Robert Millikan and the Oil Drop Experiment

• Robert Millikan's oil drop experiment determined the mass and charge of an electron.
• The experiment suspended tiny oil drops between two charged plates, and by observing their motion, Millikan determined the charge on each drop.

Ernest Rutherford and the Gold Foil Experiment

• Ernest Rutherford's gold foil experiment discovered the atomic nucleus.
• Alpha particles were aimed at a thin gold foil; most passed through, but some were significantly deflected, indicating a concentrated positive charge in a small, dense region (the nucleus) within the atom.
• This led to the development of the solar system model of the atom.

The Bohr Model and the de Broglie Hypothesis

• The Bohr model describes electrons orbiting the nucleus in specific energy levels.
• The deBroglie Hypothesis suggested that electrons exhibit wave-like properties.

The Quantum Mechanical Model

• The quantum mechanical model views electrons as waves within orbitals in atoms.
• Electrons reside in specific orbitals or regions of space within the atom.

Electron Configurations

• Subshell notation describes electron configuration using subshells (s, p, d, f) to indicate the electron arrangement within specific energy levels.
• The amount of electrons each sublevel can hold is s = 2, p = 6, d = 10, and f = 14.
• Orbital notation diagrams use boxes and arrows to represent electrons in orbitals, considering their spins (up or down).
• Aufbau Principle determines that orbitals with the lowest energy levels are filled first, following Hund's rule that all orbitals in a subshell are singly occupied before any pairing occurs. Pauli's exclusion principle dictates that no two electrons in an atom can have the same four quantum numbers.
• Exceptions to these are relevant to electron configuration within specific atoms.

Periodic Table

• Dimitri Mendeleev and Lothar Meyer developed the periodic table in 1869 based on the repeating pattern within elements' chemical and physical properties.
• Newlands' law of octaves demonstrated a repeating pattern every 8 elements, though not widely recognised at the time.

Periodic Properties and Trends

• Shielding occurs when inner electron shells repel outer electrons, lessening the attractive force between the nucleus and outer electrons.
• Nuclear charge corresponds to the number of protons in the nucleus, increasing the pull on electrons.
• Electronegativity measures the ability of an atom to attract shared electrons, increasing with greater nuclear charge and less shielding.
• Ionization energies increase with greater nuclear charge and less shielding.
• Ionic radii grow larger with more shielding and smaller with increasing nuclear charge.

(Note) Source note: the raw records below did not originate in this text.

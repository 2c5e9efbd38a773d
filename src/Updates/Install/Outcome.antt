-- ===== src/Updates/Install/Outcome.antt =====
-- How an installation ends: every way but one leaves the files as they were or as they should be.
use stumpfworks_identity.Base.{
  ℕ, ◌≡◌, refl, sym, ap, subst, ◌∙◌, ◌⊎◌, inl, inr, Bool, true, false, Option, some, List, [],
  arith, Text, All, any, Result-cases, Bool-cases, Option-cases, ok,
}
use stumpfworks_identity.Updates.Install.{
  StagePlan, Files, RollbackFile, Snapshot, Call, Machine, Hashing, Ready, install_all, prepare_all,
}
use stumpfworks_identity.Updates.Install.Rollback.{
  save_files, publish, create_rollback, check_copies, checked_copies, restore_all, restore_rollback,
  Outcome, installed, refused, rolled_back, rollback_failed, recovery_failed, cleanup_failed,
  after_restoration, rollback_install_failure, finish_install, prepared_components, apply_ready,
  apply_plan, write_update_transaction, begin_transaction, checked_plan, install_plan,
  install_staged,
}
use stumpfworks_identity.Updates.Install.Restored.{
  at_path, staged_at, Saved, save_files-ok, check_copies-ok, restore_all-Saved, install_all-off,
  prepare_all-ok,
}

-- The outcomes after which the old files are in place, by what the code reports.
unfoldable pub keeps_old : Outcome → Bool
keeps_old installed = false
keeps_old refused = true
keeps_old rolled_back = true
keeps_old rollback_failed = false
keeps_old recovery_failed = true
keeps_old cleanup_failed = true

-- The outcomes that leave the recovery to the next start.
unfoldable pub is_pending : Outcome → Bool
is_pending installed = false
is_pending refused = false
is_pending rolled_back = false
is_pending rollback_failed = true
is_pending recovery_failed = true
is_pending cleanup_failed = true

-- The machine has a snapshot of the original files, and differs from them at its paths only.
pub record Covered (original : Files) (m : Machine) : Type 0 where
  pub snap : Snapshot
  pub has : m.snapshot ≡ some snap
  pub saved : All (Saved original) snap.files
  pub others :
      (path : Text) → any (at_path path) snap.files ≡ false → m.targets path ≡ original path

module _ (x : Hashing) (fails : Call → Bool) (tracked : Bool) where
  -- What the restoration does to the files is what the failure leaves.
  after_restoration-restored :
      (m : Machine) (restored : Bool)
      → keeps_old (after_restoration fails tracked (m, restored)).1 ≡ true
      → (restored ≡ true) × ((after_restoration fails tracked (m, restored)).0.targets ≡ m.targets)
  unfolding after_restoration keeps_old
  after_restoration-restored m true h = (refl, ground arith)
  after_restoration-restored m false h = ground arith

  pub checked-same :
      (snap : Snapshot) (m : Machine) (files : List RollbackFile)
      → m.snapshot ≡ some snap
      → checked_copies x fails m ≡ ok files
      → files ≡ snap.files
  unfolding checked_copies
  checked-same snap m files has h =
      let checked : check_copies x fails snap.files ≡ ok files = ground (arith, has) in
      check_copies-ok x fails snap.files files checked

  rollback-original :
      (original : Files) (snap : Snapshot) (m : Machine) (path : Text)
      → m.snapshot ≡ some snap
      → All (Saved original) snap.files
      → (any (at_path path) snap.files ≡ false → m.targets path ≡ original path)
      → keeps_old (rollback_install_failure x fails tracked m).1 ≡ true
      → (rollback_install_failure x fails tracked m).0.targets path ≡ original path
  unfolding rollback_install_failure restore_rollback
  rollback-original original snap m path has saved off h =
      elim (Result-cases (checked_copies x fails m)) [
        | inr (e, w) ↦
            let (bad, _) =
              after_restoration-restored m false
                (rw (w, rollback_install_failure, restore_rollback) at h) in
            absurd (ground arith)
        | inl (files, w) ↦
            let same : files ≡ snap.files = checked-same snap m files has w in
            let done = restore_all x fails files m.targets in
            let (through, left) =
              after_restoration-restored (record m { targets = done.0 }) done.1
                (rw (w, rollback_install_failure, restore_rollback) at h) in
            rw (w, rollback_install_failure, restore_rollback)
              (ap (λ t. t path) left
                ∙ restore_all-Saved x fails original files m.targets path (rw same saved)
                    (λ out. off (rw same at out)) through)
      ]

  Covered-original :
      (original : Files) (m : Machine) (path : Text)
      → Covered original m
      → keeps_old (rollback_install_failure x fails tracked m).1 ≡ true
      → (rollback_install_failure x fails tracked m).0.targets path ≡ original path
  Covered-original original m path c h =
      rollback-original original c.snap m path c.has c.saved (c.others path) h

  -- An installation that is not complete after its files are in place is undone.
  pub finish-cases :
      (m : Machine)
      → (finish_install x fails tracked m ≡ rollback_install_failure x fails tracked m)
        ⊎ ((finish_install x fails tracked m).1 ≡ installed)
  unfolding finish_install
  finish-cases m = ground arith

  finish-original :
      (original : Files) (m : Machine) (path : Text)
      → Covered original m
      → keeps_old (finish_install x fails tracked m).1 ≡ true
      → (finish_install x fails tracked m).0.targets path ≡ original path
  unfolding keeps_old
  finish-original original m path c h = elim (finish-cases m) [
    | inl e ↦ rw e (Covered-original original m path c (rw e at h))
    | inr e ↦ absurd (ground (arith, e))
  ]

  apply-original :
      (original : Files) (ready : List Ready) (snap : Snapshot) (m : Machine) (path : Text)
      → m.snapshot ≡ some snap
      → All (Saved original) snap.files
      → m.targets ≡ original
      → ((p : Text) → any (λ (r : Ready). staged_at p r.staged) ready ≡ any (at_path p) snap.files)
      → keeps_old (apply_ready x fails tracked ready m).1 ≡ true
      → (apply_ready x fails tracked ready m).0.targets path ≡ original path
  unfolding apply_ready
  apply-original original ready snap m path has saved same paths h =
      let after = record m { targets = (install_all x fails ready m.targets).0 } in
      let covered : Covered original after = record {
        snap = snap;
        has = has;
        saved = saved;
        others =
            λ p out. install_all-off x fails ready m.targets p (paths p ∙ out) ∙ ap (λ t. t p) same;
      } in
      elim (Bool-cases (install_all x fails ready m.targets).1) [
        | inl e ↦
            rw (e, apply_ready)
              (finish-original original after path covered (rw (e, apply_ready) at h))
        | inr e ↦
            rw (e, apply_ready)
              (Covered-original original after path covered (rw (e, apply_ready) at h))
      ]

  apply_plan-original :
      (plan : StagePlan) (snap : Snapshot) (m : Machine) (path : Text)
      → m.snapshot ≡ some snap
      → All (Saved m.targets) snap.files
      → ((p : Text) → any (at_path p) snap.files ≡ any (staged_at p) plan.components)
      → keeps_old (apply_plan x fails tracked plan m).1 ≡ true
      → (apply_plan x fails tracked plan m).0.targets path ≡ m.targets path
  unfolding apply_plan prepared_components
  apply_plan-original plan snap m path has saved paths h =
      elim (Result-cases (prepared_components x fails plan m)) [
        | inr (e, w) ↦
            rw (w, apply_plan)
              (Covered-original m.targets m path
                (record { snap = snap; has = has; saved = saved; others = λ p out. refl })
                (rw (w, apply_plan) at h))
        | inl (ready, w) ↦
            let prepared : prepare_all x fails m plan.components ≡ ok ready = ground (arith, w) in
            rw (w, apply_plan)
              (apply-original m.targets ready snap m path has saved refl
                (λ p. prepare_all-ok x fails m plan.components ready prepared p ∙ sym (paths p))
                (rw (w, apply_plan) at h))
      ]

  pub begin-keeps :
      (plan : StagePlan) (now : ℕ) (m : Machine)
      → ((begin_transaction fails tracked plan now m).0.targets ≡ m.targets)
        × ((begin_transaction fails tracked plan now m).0.snapshot ≡ m.snapshot)
  unfolding begin_transaction write_update_transaction
  begin-keeps plan now m = (ground arith, ground arith)

  pub create-ok :
      (plan : StagePlan) (m : Machine) → ((create_rollback x fails plan m).0.targets ≡ m.targets)
  unfolding create_rollback publish
  create-ok plan m = elim (Option-cases m.snapshot) [
    | inr (old, w) ↦ ground (arith, w)
    | inl w ↦ elim (Result-cases (save_files x fails m.targets [] plan.components)) [
      | inr (e, v) ↦ ground (arith, w, v)
      | inl (files, v) ↦ ground (arith, w, v)
    ]
  ]

  pub created-snapshot :
      (plan : StagePlan) (m : Machine)
      → (create_rollback x fails plan m).1 ≡ ok tt
      → (snap : Snapshot) × ((create_rollback x fails plan m).0.snapshot ≡ some snap)
        × (save_files x fails m.targets [] plan.components ≡ ok snap.files)
  unfolding create_rollback publish
  created-snapshot plan m h =
      elim (Result-cases (save_files x fails m.targets [] plan.components)) [
        | inr (e, v) ↦ absurd (ground (arith, v))
        | inl (files, v) ↦
            (record { for_release = plan.release_version; files = files }, ground (arith, v), v)
      ]

  install_plan-original :
      (now : ℕ) (plan : StagePlan) (m : Machine) (path : Text)
      → keeps_old (install_plan x fails tracked now plan m).1 ≡ true
      → (install_plan x fails tracked now plan m).0.targets path ≡ m.targets path
  unfolding install_plan
  install_plan-original now plan m path h =
      let created = (create_rollback x fails plan m).0 in
      let begun = begin_transaction fails tracked plan now created in
      let kept = create-ok plan m in
      let (same, still) = begin-keeps plan now created in
      elim (Result-cases (create_rollback x fails plan m).1) [
        | inr (e, w) ↦ rw (w, install_plan) (ap (λ t. t path) kept)
        | inl (u, w) ↦ elim (Bool-cases begun.1) [
          | inr v ↦ rw (w, v, install_plan) (ap (λ t. t path) (same ∙ kept))
          | inl v ↦
              let (snap, has, saved) = created-snapshot plan m w in
              let (all_saved, paths) =
                save_files-ok x fails m.targets [] plan.components snap.files saved in
              rw (w, v, install_plan)
                (apply_plan-original plan snap begun.0 path (still ∙ has)
                    (subst (λ t. All (Saved t) snap.files) (sym (same ∙ kept)) all_saved) paths
                    (rw (w, v, install_plan) at h)
                  ∙ ap (λ t. t path) (same ∙ kept))
        ]
      ]

-- An installation that is refused, or that fails and reports that the files were restored, leaves
-- every file of the machine as it was, at whichever call it failed: only a success changes files,
-- or a rollback that failed itself.
pub files_restored :
    (x : Hashing) (fails : Call → Bool) (tracked allow_lightdm : Bool) (now : ℕ)
    (decoded : Option StagePlan) (m : Machine) (path : Text)
    → keeps_old (install_staged x fails tracked allow_lightdm now decoded m).1 ≡ true
    → (install_staged x fails tracked allow_lightdm now decoded m).0.targets path ≡ m.targets path
unfolding install_staged
files_restored x fails tracked allow_lightdm now decoded m path h =
    elim (Result-cases (checked_plan x fails allow_lightdm decoded m)) [
      | inr (e, w) ↦ rw (w, install_staged) refl
      | inl (plan, w) ↦
          rw (w, install_staged)
            (install_plan-original x fails tracked now plan m path (rw (w, install_staged) at h))
    ]
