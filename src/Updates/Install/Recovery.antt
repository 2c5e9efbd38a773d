-- ===== src/Updates/Install/Recovery.antt =====
-- internal/clientupdate/transaction.go RecoverPendingUpdate: what the next start does with an update
-- that was interrupted or whose rollback did not complete.
use stumpfworks_identity.Base.{
  Bool, true, false, not, ◌&&◌, ◌||◌, none, some, List, [], ◌∷◌, Text, text_eq, if◌then◌else◌,
  invalid, unavailable, Result, ok, err, ◌>>=◌, ◌>>◌, require, refuse, or_fail, transaction,
}
use stumpfworks_identity.Updates.Install.{
  RollbackFile, UpdateTransaction, Call, Machine, Hashing, spec_of, is_seen, recovery_lock,
  read_transaction, check_directory, load_manifest, write_state, interrupted_recovery,
  remove_pending,
}
use stumpfworks_identity.Updates.Install.Rollback.{restore_rollback}

-- `busy` is another update that holds the lock.
pub data Recovery : Type 0 where
  busy nothing_pending recovered not_recovered : Recovery

unfoldable pub is_rollback_of : RollbackFile → Bool
is_rollback_of f = elim (spec_of f.component) [ none ↦ false | some s ↦ text_eq f.target s.target ]

unfoldable pub valid_rollback_files : List Text → List RollbackFile → Bool
valid_rollback_files seen [] = true
valid_rollback_files seen (f ∷ fs) =
    (is_rollback_of f && not (is_seen seen f.component))
    && valid_rollback_files (f.component ∷ seen) fs

unfoldable pub pending_rollback : (Call → Bool) → UpdateTransaction → Machine → Result (Unit {0})
pending_rollback fails transaction m = do
  refuse (fails check_directory) invalid
  snap ← or_fail m.snapshot unavailable
  refuse (fails load_manifest) unavailable
  require (text_eq snap.for_release transaction.release_version) invalid
  require (valid_rollback_files [] snap.files) invalid
  ok tt

unfoldable pub after_restored : (Call → Bool) → Machine × Bool → Machine × Recovery
after_restored fails (m, false) = (m, not_recovered)
after_restored fails (m, true) =
    if fails write_state || (fails interrupted_recovery || fails remove_pending)
    then (m, not_recovered)
    else (record m { transaction = none }, recovered)

unfoldable pub recover_transaction :
    Hashing → (Call → Bool) → UpdateTransaction → Machine → Machine × Recovery
recover_transaction x fails transaction m = elim (pending_rollback fails transaction m) [
  | err e ↦ (m, not_recovered)
  | ok _ ↦ after_restored fails (restore_rollback x fails m)
]

-- recoverPendingUpdate
unfoldable pub recover_locked : Hashing → (Call → Bool) → Machine → Machine × Recovery
recover_locked x fails m =
    if fails read_transaction then (m, not_recovered) else elim m.transaction [
      | none ↦ (m, nothing_pending)
      | some transaction ↦ recover_transaction x fails transaction m
    ]

unfoldable pub recover_pending_update : Hashing → (Call → Bool) → Machine → Machine × Recovery
recover_pending_update x fails m =
    if fails recovery_lock then (m, busy) else recover_locked x fails m
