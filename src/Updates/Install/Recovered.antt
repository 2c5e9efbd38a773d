-- ===== src/Updates/Install/Recovered.antt =====
-- That an update which did not complete is undone by the next start.
use stumpfworks_identity.Base.{
  ℕ, ◌≡◌, refl, sym, ap, subst, ◌∙◌, inl, inr, Bool, true, false, Option, none, List, [], ◌∷◌,
  arith, Text, text_eq, All, any, Result-cases, Bool-cases, Option-cases, ok, transaction,
}
use stumpfworks_identity.Updates.Install.{
  StagePlan, Files, RollbackFile, Call, Machine, Hashing, Ready, install_all, prepare_all,
  recovery_lock, read_transaction,
}
use stumpfworks_identity.Updates.Install.Rollback.{
  create_rollback, checked_copies, restore_one, restore_all, restore_rollback, after_restoration,
  rollback_install_failure, finish_install, prepared_components, apply_ready, apply_plan,
  begin_transaction, checked_plan, install_plan, install_staged,
}
use stumpfworks_identity.Updates.Install.Restored.{
  at_path, staged_at, Saved, save_files-ok, restore_one-ok, restore_all-Saved, install_all-off,
  prepare_all-ok,
}
use stumpfworks_identity.Updates.Install.Outcome.{
  is_pending, Covered, checked-same, finish-cases, begin-keeps, create-ok, created-snapshot,
}
use stumpfworks_identity.Updates.Install.Recovery.{
  recovered, pending_rollback, after_restored, recover_transaction, recover_locked,
  recover_pending_update,
}

module _ (x : Hashing) (fails : Call → Bool) (tracked : Bool) where
  restore_all-off :
      (fs : List RollbackFile) (files : Files) (path : Text)
      → any (at_path path) fs ≡ false
      → (restore_all x fails fs files).0 path ≡ files path
  unfolding restore_all any
  restore_all-off [] files path off = refl
  restore_all-off (f ∷ fs) files path off = elim (Result-cases (restore_one x fails f files)) [
    | inr (e, w) ↦ rw (w, restore_all) refl
    | inl (next, w) ↦
        let here : text_eq path f.target ≡ false = ground arith in
        let later : any (at_path path) fs ≡ false = ground arith in
        rw (w, restore_all)
          (restore_all-off fs next path later
            ∙ rw (restore_one-ok x fails f files next w, here) refl)
  ]

  restore-Covered :
      (original : Files) (m : Machine)
      → Covered original m
      → Covered original (restore_rollback x fails m).0
  unfolding restore_rollback
  restore-Covered original m c = elim (Result-cases (checked_copies x fails m)) [
    | inr (e, w) ↦ rw (w, restore_rollback) c
    | inl (files, w) ↦
        let same = checked-same x fails tracked c.snap m files c.has w in
        rw (w, restore_rollback)
          (record {
            snap = c.snap;
            has = c.has;
            saved = c.saved;
            others = λ p out. restore_all-off files m.targets p (rw same out) ∙ c.others p out;
          })
  ]

  after-Covered :
      (original : Files) (m : Machine) (restored : Bool)
      → Covered original m
      → Covered original (after_restoration fails tracked (m, restored)).0
  unfolding after_restoration
  after-Covered original m false c = c
  after-Covered original m true c =
      let same : (after_restoration fails tracked (m, true)).0.targets ≡ m.targets = ground arith in
      let still : (after_restoration fails tracked (m, true)).0.snapshot ≡ m.snapshot =
        ground arith in
      record {
        snap = c.snap;
        has = still ∙ c.has;
        saved = c.saved;
        others = λ p out. ap (λ t. t p) same ∙ c.others p out;
      }

  rollback-Covered :
      (original : Files) (m : Machine)
      → Covered original m
      → Covered original (rollback_install_failure x fails tracked m).0
  unfolding rollback_install_failure
  rollback-Covered original m c =
      let restored = restore_rollback x fails m in
      after-Covered original restored.0 restored.1 (restore-Covered original m c)

  finish-Covered :
      (original : Files) (m : Machine)
      → Covered original m
      → is_pending (finish_install x fails tracked m).1 ≡ true
      → Covered original (finish_install x fails tracked m).0
  unfolding is_pending
  finish-Covered original m c h = elim (finish-cases x fails tracked m) [
    | inl e ↦ rw e (rollback-Covered original m c)
    | inr e ↦ absurd (ground (arith, e))
  ]

  apply-Covered :
      (original : Files) (ready : List Ready) (m : Machine)
      → m.targets ≡ original
      → (c : Covered original m)
      → ((p : Text)
          → any (λ (r : Ready). staged_at p r.staged) ready ≡ any (at_path p) c.snap.files)
      → is_pending (apply_ready x fails tracked ready m).1 ≡ true
      → Covered original (apply_ready x fails tracked ready m).0
  unfolding apply_ready
  apply-Covered original ready m same c paths h =
      let after = record m { targets = (install_all x fails ready m.targets).0 } in
      let covered : Covered original after = record {
        snap = c.snap;
        has = c.has;
        saved = c.saved;
        others =
            λ p out. install_all-off x fails ready m.targets p (paths p ∙ out) ∙ ap (λ t. t p) same;
      } in
      elim (Bool-cases (install_all x fails ready m.targets).1) [
        | inl e ↦
            rw (e, apply_ready) (finish-Covered original after covered (rw (e, apply_ready) at h))
        | inr e ↦ rw (e, apply_ready) (rollback-Covered original after covered)
      ]

  apply_plan-Covered :
      (plan : StagePlan) (m : Machine) (c : Covered m.targets m)
      → ((p : Text) → any (at_path p) c.snap.files ≡ any (staged_at p) plan.components)
      → is_pending (apply_plan x fails tracked plan m).1 ≡ true
      → Covered m.targets (apply_plan x fails tracked plan m).0
  unfolding apply_plan prepared_components
  apply_plan-Covered plan m c paths h = elim (Result-cases (prepared_components x fails plan m)) [
    | inr (e, w) ↦ rw (w, apply_plan) (rollback-Covered m.targets m c)
    | inl (ready, w) ↦
        let prepared : prepare_all x fails m plan.components ≡ ok ready = ground (arith, w) in
        rw (w, apply_plan)
          (apply-Covered m.targets ready m refl c
            (λ p. prepare_all-ok x fails m plan.components ready prepared p ∙ sym (paths p))
            (rw (w, apply_plan) at h))
  ]

  install_plan-Covered :
      (now : ℕ) (plan : StagePlan) (m : Machine)
      → is_pending (install_plan x fails tracked now plan m).1 ≡ true
      → Covered m.targets (install_plan x fails tracked now plan m).0
  unfolding install_plan is_pending
  install_plan-Covered now plan m h =
      let created = (create_rollback x fails plan m).0 in
      let begun = begin_transaction fails tracked plan now created in
      let (same, still) = begin-keeps x fails tracked plan now created in
      let kept = same ∙ create-ok x fails tracked plan m in
      elim (Result-cases (create_rollback x fails plan m).1) [
        | inr (e, w) ↦ absurd (ground (arith, w))
        | inl (u, w) ↦ elim (Bool-cases begun.1) [
          | inr v ↦ absurd (ground (arith, w, v))
          | inl v ↦
              let (snap, has, saved) = created-snapshot x fails tracked plan m w in
              let (all_saved, paths) =
                save_files-ok x fails m.targets [] plan.components snap.files saved in
              rw (w, v, install_plan)
                (subst (λ t. Covered t (apply_plan x fails tracked plan begun.0).0) kept
                  (apply_plan-Covered plan begun.0
                    (record {
                      snap = snap;
                      has = still ∙ has;
                      saved = subst (λ t. All (Saved t) snap.files) (sym kept) all_saved;
                      others = λ p out. refl;
                    })
                    paths (rw (w, v, install_plan) at h)))
        ]
      ]

install_staged-Covered :
    (x : Hashing) (fails : Call → Bool) (tracked allow_lightdm : Bool) (now : ℕ)
    (decoded : Option StagePlan) (m : Machine)
    → is_pending (install_staged x fails tracked allow_lightdm now decoded m).1 ≡ true
    → Covered m.targets (install_staged x fails tracked allow_lightdm now decoded m).0
unfolding install_staged is_pending
install_staged-Covered x fails tracked allow_lightdm now decoded m h =
    elim (Result-cases (checked_plan x fails allow_lightdm decoded m)) [
      | inr (e, w) ↦ absurd (ground (arith, w))
      | inl (plan, w) ↦
          rw (w, install_staged)
            (install_plan-Covered x fails tracked now plan m (rw (w, install_staged) at h))
    ]

restored-original :
    (x : Hashing) (fails : Call → Bool) (original : Files) (m : Machine) (path : Text)
    → Covered original m
    → (restore_rollback x fails m).1 ≡ true
    → (restore_rollback x fails m).0.targets path ≡ original path
unfolding restore_rollback
restored-original x fails original m path c h = elim (Result-cases (checked_copies x fails m)) [
  | inr (e, w) ↦ absurd (ground (arith, w))
  | inl (files, w) ↦
      let same = checked-same x fails true c.snap m files c.has w in
      rw (w, restore_rollback)
        (restore_all-Saved x fails original files m.targets path (rw same c.saved)
          (λ out. c.others path (rw same at out)) (rw (w, restore_rollback) at h))
]

after_restored-ok :
    (fails : Call → Bool) (m : Machine) (restored : Bool)
    → (after_restored fails (m, restored)).1 ≡ recovered
    → (restored ≡ true)
      × ((after_restored fails (m, restored)).0.targets ≡ m.targets)
      × ((after_restored fails (m, restored)).0.transaction ≡ none)
unfolding after_restored
after_restored-ok fails m false h = ground arith
after_restored-ok fails m true h = (refl, ground arith, ground arith)

-- What the next start restores is what the snapshot covers.
recover-original :
    (x : Hashing) (fails : Call → Bool) (original : Files) (m : Machine) (path : Text)
    → Covered original m
    → (recover_pending_update x fails m).1 ≡ recovered
    → ((recover_pending_update x fails m).0.targets path ≡ original path)
      × ((recover_pending_update x fails m).0.transaction ≡ none)
unfolding recover_pending_update recover_locked recover_transaction after_restored
recover-original x fails original m path c h = elim (Bool-cases (fails recovery_lock)) [
  | inl e ↦ absurd (ground (arith, e))
  | inr e ↦ elim (Bool-cases (fails read_transaction)) [
    | inl r ↦ absurd (ground (arith, e, r))
    | inr r ↦ elim (Option-cases m.transaction) [
      | inl t ↦ absurd (ground (arith, e, r, t))
      | inr (transaction, t) ↦ elim (Result-cases (pending_rollback fails transaction m)) [
        | inr (_, w) ↦ absurd (ground (arith, e, r, t, w))
        | inl (u, w) ↦
            let known : (recover_pending_update x fails m)
                ≡ after_restored fails (restore_rollback x fails m) =
              ground (arith, e, r, t, w) in
            let (through, left, cleared) =
              after_restored-ok fails (restore_rollback x fails m).0 (restore_rollback x fails m).1
                (ap (λ p. p.1) (sym known) ∙ h) in
            (
              ap (λ p. p.0.targets path) known
                  ∙ ap (λ t. t path) left
                  ∙ restored-original x fails original m path c through,
              ap (λ p. p.0.transaction) known ∙ cleared,
            )
      ]
    ]
  ]
]

-- An installation that was applied, and ends with the record of its transaction left, because a
-- restoration failed in part, the machine did not recover or the record was not removed, is undone
-- by the recovery at the next start, whatever failed before: when it reports so, every file is as
-- it was before the installation, and no transaction is left.
pub pending_recovered :
    (x : Hashing) (fails later : Call → Bool) (tracked allow_lightdm : Bool) (now : ℕ)
    (decoded : Option StagePlan) (m : Machine) (path : Text)
    → is_pending (install_staged x fails tracked allow_lightdm now decoded m).1 ≡ true
    → (recover_pending_update x later
        (install_staged x fails tracked allow_lightdm now decoded m).0).1
      ≡ recovered
    → ((recover_pending_update x later
            (install_staged x fails tracked allow_lightdm now decoded m).0).0.targets
          path
        ≡ m.targets path)
      × ((recover_pending_update x later
            (install_staged x fails tracked allow_lightdm now decoded m).0).0.transaction
          ≡ none)
pending_recovered x fails later tracked allow_lightdm now decoded m path h k =
    recover-original x later m.targets
      (install_staged x fails tracked allow_lightdm now decoded m).0 path
      (install_staged-Covered x fails tracked allow_lightdm now decoded m h) k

Chemical Bonding and Formulas

• Chemical bonds are formed when electrons are shared or transferred between atoms.
• Covalent bonds occur between nonmetals.
• Metallic bonds form when metals share electrons.
• Ionic bonds form when a metal transfers electrons to a nonmetal.
• Lewis structures represent atoms bonding; valence electrons are shown with dots, bonding electrons paired with lines.
• Formal Charge and Resonance analysis helps identify the most probable structure for a molecule.

VSEPR Theory

• VSEPR (Valence Shell Electron Pair Repulsion) theory predicts molecular shapes based on repulsion between electron pairs.
• Electron domains are regions around central atoms where electrons reside.